I retreated from the seagulls, and having no more bread, they didn’t follow me. I drove along the waterfront looking for more birds when I found a stack of pelicans huddled around some boats. I parked the car, attached my telephoto lens, and slowly crept up on the pelicans. Much to my surprise, the pelicans were just like the seagulls who were completely indifferent or a little put out by my arrival. But, also like the seagulls, they weren’t shy and made no effort to fly away.
I rounded the corner of a building and discovered why the pelicans were so comfortable. A man, half-clad in a bright, yellow slicker, filleted a grouper and tossed the skeletal remains in the water behind him. The pelicans plunged from the pylons jabbing the water and each other fighting over the fish’s remains. And then another fish was tossed and another fight commenced. This went on and on, so long that I felt I had outstayed my welcome and drove away.

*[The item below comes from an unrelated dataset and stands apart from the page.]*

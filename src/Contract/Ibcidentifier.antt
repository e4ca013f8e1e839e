-- ===== src/Contract/Ibcidentifier.antt =====
-- pkg/contract/ibcidentifier/ibcidentifier.go: the binding of a contract.
pub mod Caller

I was so excited to have pictures of actual hungry pelicans. But then it occurred to me that these pelicans were really no different than the lazy seagulls by the waterfront. They are lazy, hand-me-out birds who could be out hunting for a living but have instead chosen to work the system and live off the charity of others. Now, I know. I know. I’m being judgmental. God only knows what personal travesties have befallen each seagull and pelican that have so crippled their hunting prowess and bird-esteem that they avail themselves to benevolence rather than toil. But The Hungry Pelican (the blog you are reading – if this can be called a blog at all) isn’t about these kinds of hungry pelicans.
Hand-me-out spirituality is lazy. It fails to move because it lives in a pretend world. It is junk food spirituality.
The Hungry Pelican is about the bird whose young are so hungry it will pierce its own breast with its beak to feed its young on blood. Real spiritual nourishment involves the admission of pain, digging, self-penetrating agony. Spirituality is about work, relentless self-investigation, revealing your brokenness to the world. And we do this not in the hopes of some anesthetizing placebo, but for the real presence of Christ who shares our pain and hurt; the Christ who allowed his breast to be jabbed that we might be fed. The Christ who doesn’t so much fix us as much as he is broken with us.
“This is my body,” Christ says to us.
And we can respond by saying, “This is my body, too.”